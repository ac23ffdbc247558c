-- ===== src/Program/Phases.antt =====
-- What main does to the store, whatever it prints.
use agent_kv.Prelude.{
  ℕ, Bytes, List, [], Bool, true, false, bytes_eq, differ, codes, ◌++◌, ◌≡◌, ◌≢◌, ◌⊎◌, inl, inr,
  refl, ap, sym, subst, ◌∙◌,
}
use agent_kv.Exec.{Result, ok, err, pure, lift, ◌>>=◌, ◌>>◌, continue}
use agent_kv.Disk.{Disk, OutStream}
use agent_kv.Wal
use agent_kv.Snapshot.{LoadResult}
use agent_kv.Map.{Map}
use agent_kv.KvStore.Durable.{IsDurable}
use agent_kv.KvStore.Sessions.{IsSound, Started, start-Started}
use agent_kv.KvStore.{World, fresh_store, load_snapshot, replay_from_wal, recover, start, started}
use agent_kv.CliServer.{run}
use agent_kv.Json.{JsonLib, Parsed, parsed, malformed, refused}
use agent_kv.Json.Mode.{Response, raw_input, json_mode}
use agent_kv.Json.Mode.Outcome.{Exits, json_mode-Exits}
use agent_kv.Program.{
  Process, wal_path, snapshot_path, is_json_mode, on_world, announce, opened, construct, recovery,
  serve, answer_json, respond, main,
}

apart : wal_path ≢ snapshot_path
unfolding bytes_eq
apart = differ wal_path snapshot_path refl

-- A call of the program that does to the store what a call of the store does.
abbrev Follows : {A B : Type 0} → Result A × World → Result B × Process → Type 0
Follows (ok _, w) (ok _, p) = p.world ≡ w
Follows (err e, w) (err e', p) = (e' ≡ e) × (p.world ≡ w)
Follows (ok _, w) (err _, p) = ⊥
Follows (err _, w) (ok _, p) = ⊥

-- The messages change nothing that the store can see.
replayed :
    (quiet : Bool) (text : ℕ → Bytes) (result : LoadResult) (r : Result ℕ × World) (p : Process)
    → Follows {A = LoadResult × ℕ}
        (continue r.0 (λ n. pure (result, n)) r.1)
        (continue r.0 (λ n. announce quiet (text n)) (record p { world = r.1 }))
unfolding announce
replayed true text result (ok n, w) p = refl
replayed false text result (ok n, w) p = refl
replayed quiet text result (err e, w) p = (refl, refl)

loaded :
    (quiet : Bool) (more : LoadResult → Bytes) (text : ℕ → Bytes) (r : Result LoadResult × World)
    (p : Process)
    → Follows {A = LoadResult × ℕ}
        (continue r.0
          (λ result. replay_from_wal wal_path result.wal_offset >>= λ n. pure (result, n))
          r.1)
        (continue r.0
          (λ result.
            announce quiet (more result)
            >> (on_world (replay_from_wal wal_path result.wal_offset) >>= λ n.
                announce quiet (text n)))
          (record p { world = r.1 }))
unfolding announce on_world
loaded true more text (ok result, w) p =
    replayed true text result (replay_from_wal wal_path result.wal_offset w) p
loaded false more text (ok result, w) p =
    replayed false text result (replay_from_wal wal_path result.wal_offset w)
      (record p { output = p.output ++ more result })
loaded quiet more text (err e, w) p = (refl, refl)

recovery-Follows :
    (quiet : Bool) (p : Process)
    → Follows (recover wal_path snapshot_path p.world) (recovery quiet p)
unfolding recover recovery announce on_world
recovery-Follows true p = loaded true (λ _. []) (λ _. []) (load_snapshot snapshot_path p.world) p
recovery-Follows false p =
    loaded false _ _ (load_snapshot snapshot_path p.world)
      (record p { output = p.output ++ codes "Loading snapshot...\n" })

-- Only an exception of the parser leaves the JSON mode.
Exits-err :
    {Json : Type 0} (lib : JsonLib Json) (p : Parsed Json) (what : Bytes)
    → Exits lib p (err what)
    → p ≡ refused what
Exits-err lib (parsed request) what (inl (_, e)) = absurd (cc (e))
Exits-err lib (parsed request) what (inr (_, e)) = absurd (cc (e))
Exits-err lib (malformed text) what e = absurd (cc (e))
Exits-err lib (refused text) what e = cc (e)

module _ {Json : Type 0} (lib : JsonLib Json) (parse : Bytes → Parsed Json)
    (dump : Response → Result Bytes) where
  -- What main does behind a start that ended in `w`: the JSON mode prints the answer to the request
  -- and leaves the store alone, the prompt runs over the store.
  abbrev pub Answered : Bool → List Bytes → World → ℕ → Process → Type 0
  Answered true lines w status p =
      (response : Response) × (text : Bytes) × (before : Bytes) × (json_mode lib parse lines
        ≡ ok (response, status))
      × (dump response ≡ ok text)
      × (p.output ≡ before ++ (text ++ codes "\n"))
      × (p.world ≡ w)
  Answered false lines w status p = (status ≡ 0) × (p.world ≡ (run lines w).1)

  -- What leaves main behind the start: in the JSON mode the exception of the parser that is not a
  -- `parse_error`, or the exception of the dump of the answer.
  abbrev pub Escaped : Bool → List Bytes → Bytes → Type 0
  Escaped true lines e =
      (parse (raw_input lines) ≡ refused e)
      ⊎ ((response : Response) × (status : ℕ) × (json_mode lib parse lines ≡ ok (response, status))
          × (dump response ≡ err e))
  Escaped false lines e = ⊥

  -- The end of main, for the end of a start.
  abbrev Ended : {A : Type 0} → Bool → List Bytes → Result A × World → Result ℕ × Process → Type 0
  Ended json lines (ok _, w) (ok status, p) = Answered json lines w status p
  Ended json lines (err e, w) (err e', p) = (e' ≡ e) × (p.world ≡ w)
  Ended json lines (ok _, w) (err e, p) = Escaped json lines e × (p.world ≡ w)
  Ended json lines (err _, w) (ok _, p) = ⊥

  dumped :
      (lines : List Bytes) (w : World) (p : Process) (answer : Response × ℕ)
      → json_mode lib parse lines ≡ ok answer
      → p.world ≡ w
      → (r : Result Bytes) → dump answer.0 ≡ r
      → Ended {A = Unit {0}} true lines
          (ok tt, w)
          (continue r (λ text. announce false (text ++ codes "\n") >> pure answer.1) p)
  unfolding announce
  dumped lines w p (response, status) e same (ok text) d =
      (response, text, p.output, e, d, refl, same)
  dumped lines w p (response, status) e same (err what) d = (inr (response, status, e, d), same)

  answered :
      (lines : List Bytes) (w : World) (p : Process) (r : Result (Response × ℕ))
      → json_mode lib parse lines ≡ r
      → Exits lib (parse (raw_input lines)) r
      → p.world ≡ w
      → Ended {A = Unit {0}} true lines
          (ok tt, w)
          (continue r
            (λ (answer : Response × ℕ).
              lift (dump answer.0) >>= λ text. announce false (text ++ codes "\n") >> pure answer.1)
            p)
  answered lines w p (ok answer) e _ same = dumped lines w p answer e same (dump answer.0) refl
  answered lines w p (err what) e exits same = (inl (Exits-err lib _ what exits), same)

  respond-Ended :
      {A B : Type 0} (json : Bool) (lines : List Bytes) (r : Result A × World)
      (q : Result B × Process)
      → Follows r q
      → Ended json lines r (continue q.0 (λ _. respond lib parse dump json lines) q.1)
  unfolding respond answer_json serve
  respond-Ended true lines (ok a, w) (ok b, p) same =
      answered lines w p (json_mode lib parse lines) refl (json_mode-Exits lib parse lines) same
  respond-Ended false lines (ok a, w) (ok b, p) same = (refl, ap (λ v. (run lines v).1) same)
  respond-Ended json lines (err e, w) (err e', p) both = both
  respond-Ended json lines (ok a, w) (err e', p) none_such = absurd none_such
  respond-Ended json lines (err e, w) (ok b, p) none_such = absurd none_such

  constructed :
      (json : Bool) (lines : List Bytes) (p : Process) (r : Result OutStream × Disk)
      → Ended json lines (started wal_path snapshot_path r) (
          continue
            (opened p r).0
            (λ _. recovery json >> respond lib parse dump json lines)
            (opened p r).1)
  unfolding started opened
  constructed json lines p (ok log, d) =
      let q : Process = record p {
        world = record { store = fresh_store log snapshot_path; disk = d };
      } in
      respond-Ended json lines (recover wal_path snapshot_path q.world) (recovery json q)
        (recovery-Follows json q)
  constructed json lines p (err message, d) = (refl, refl)

  main-Ended :
      (arguments lines : List Bytes) (p : Process)
      → Ended
          (is_json_mode arguments)
          lines
          (start wal_path snapshot_path p.world.disk)
          (main lib parse dump arguments lines p)
  unfolding main construct start
  main-Ended arguments lines p =
      constructed (is_json_mode arguments) lines p (Wal.open_log wal_path p.world.disk)

  -- The end of main over a disk that holds these entries.
  abbrev pub Served : Bool → List Bytes → Map → Result ℕ × Process → Type 0
  Served json lines entries (ok status, p) =
      (w : World) × (w.store.entries ≡ entries)
      × IsDurable wal_path snapshot_path w
      × Answered json lines w status p
  Served json lines entries (err e, p) =
      (e ≡ codes "failed to open WAL file: " ++ wal_path)
      ⊎ (Escaped json lines e
          × (p.world.store.entries ≡ entries)
          × IsDurable wal_path snapshot_path p.world)

  served :
      (json : Bool) (lines : List Bytes) (entries : Map) (r : Result (LoadResult × ℕ) × World)
      (q : Result ℕ × Process)
      → Started wal_path snapshot_path entries r
      → Ended json lines r q
      → Served json lines entries q
  served json lines entries (ok a, w) (ok status, p) (same, durable) answer =
      (w, same, durable, answer)
  served json lines entries (err e, w) (err e', p) (_, message) (e_same, _) = inl (e_same ∙ message)
  served json lines entries (ok a, w) (err e', p) (same, durable) (escaped, kept) =
      let (same', durable') =
        subst (λ (v : World). (v.store.entries ≡ entries) × IsDurable wal_path snapshot_path v)
          (sym kept) (same, durable) in
      inr (escaped, same', durable')
  served json lines entries (err e, w) (ok status, p) _ none_such = absurd none_such

  -- Over a disk that a process left in order, with any failures of the disk from then on: main ends
  -- with an exception only if the log can not be opened, or if in the JSON mode the parser throws
  -- another exception than a `parse_error` or the dump of the answer throws, and then the process holds
  -- a durable store of the entries of the disk. Otherwise it recovers a durable store of these entries;
  -- in the JSON mode it leaves that store alone, prints the dump of the answer to the request last and
  -- ends with the answer's status, and else it runs the prompt over that store and ends with 0.
  pub main-Served :
      (arguments lines : List Bytes) (entries : Map) (p : Process)
      → IsSound wal_path snapshot_path entries p.world.disk
      → Served (is_json_mode arguments) lines entries (main lib parse dump arguments lines p)
  main-Served arguments lines entries p sound =
      served (is_json_mode arguments) lines entries (start wal_path snapshot_path p.world.disk)
        (main lib parse dump arguments lines p) (start-Started apart sound)
        (main-Ended arguments lines p)
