-- ===== src/Lib.antt =====
-- A verification library of lightweight-saas-backend, a multi-tenant backend in Go: workspaces hold
-- projects, projects hold machine credentials, and one HTTP surface is shared by operators (OIDC)
-- and projects (credentials).
--
-- The parts, the files that model them, and how they work together:
--   PublicId        internal/publicid/publicid.go: prefixed identifiers (Format, Parse, New).
--   Store           internal/database/tx.go, and PostgreSQL as the repositories use it: five tables,
--                   and a session in which every statement, BEGIN, SAVEPOINT and COMMIT may fail.
--   Audit           internal/audit/event.go: the event that a mutation records in its transaction.
--   AuditLog        internal/auditlog/redaction.go: what of an event may be kept.
--   Workspace       internal/workspace: Model, Slug (slug.go), Repository (repository.go), Service
--                   (service.go; Create, UpdateName and Archive are create_workspace,
--                   rename_workspace and archive_workspace).
--   Project         internal/project: Model, Token (token.go), Repository, Service (service.go;
--                   Service/Credentials is CreateCredential and RevokeCredential), Authenticator
--                   (authenticator.go); Lifecycle and Access put them together with Auth and Authz.
--   Auth            internal/auth: principals and AuthenticatePrincipal (principal.go, identity.go,
--                   extractBearer of middleware.go); AdminCheck is the cache of admin_check.go.
--   Authz           internal/authz: Scope, Registry, Authorize; the single boundary that decides on
--                   the principal that Auth left.
--   RateLimit       internal/server/ratelimit.go: the token buckets.
--   Secrets         internal/secrets: aesgcm.go and keyring.go, sealing under versioned keys.
--   Connection      internal/connection: Model, Repository, Service and Operations (service.go),
--                   Rotation and Census (rotate.go). Calls are the mutations as requests; Step is
--                   what one does to the table, View the life cycle that the table follows.
--   ProviderCache   internal/identityruntime/cache.go: the cache of identity providers.
--   IdentityRuntime internal/identityruntime/resolver.go: from a workspace through its active
--                   connection, its secret and the cache to a provider; RoleGuard is role_guard.go.
--   IdentityService internal/identity/service.go: the guards of the operations on users and roles,
--                   and in Creation the checks before one is created.
-- Prelude holds the names that all modules share, Text the texts and what the code uses of Go's
-- package strings, Examples the data of the tests.
--
-- State and representation. A text is the list of its code points, and its length that of its UTF-8
-- encoding; texts are valid UTF-8. Lower case beyond ASCII is a table that is an argument. A time is
-- a number of nanoseconds. What comes from outside is an argument: the bytes of crypto/rand, the
-- clock, SHA-256, AES-GCM, url.Parse, PostgreSQL's lower, the identity provider with the verifier of
-- its connections, the answers of the OIDC provider and of the live admin check, and whether the
-- audit writer can attribute an event. An error of the driver is one constructor.
-- Every loop is structural recursion on its input, so no fuel is used. Buckets count tokens in
-- thousand-millionths: the rounding of float64 is left out. Each transaction and each call under a
-- mutex is one step; transactions that interleave are not modelled.
--
-- Not modelled: handlers, DTOs, routes, logs and metrics, which are glue; the Keycloak client and
-- the web console; the verifier of connections, which is an argument; the attribution and the pages
-- of the audit log and the configuration, which are components of their own.
pub mod Prelude
pub mod Text
pub mod PublicId
pub mod Auth
pub mod Authz
pub mod Workspace
pub mod Audit
pub mod AuditLog
pub mod Project
pub mod Result
pub mod Store
pub mod Secrets
pub mod Connection
pub mod IdentityRuntime
pub mod IdentityService
pub mod Examples
pub mod RateLimit
pub mod ProviderCache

· · ·

■ **WORK REQUEST**: Look through the data above for the string "apart" and copy every line where it appears.

■ **OUTPUT**:
apart : wal_path ≢ snapshot_path
apart = differ wal_path snapshot_path refl
        (main lib parse dump arguments lines p) (start-Started apart sound)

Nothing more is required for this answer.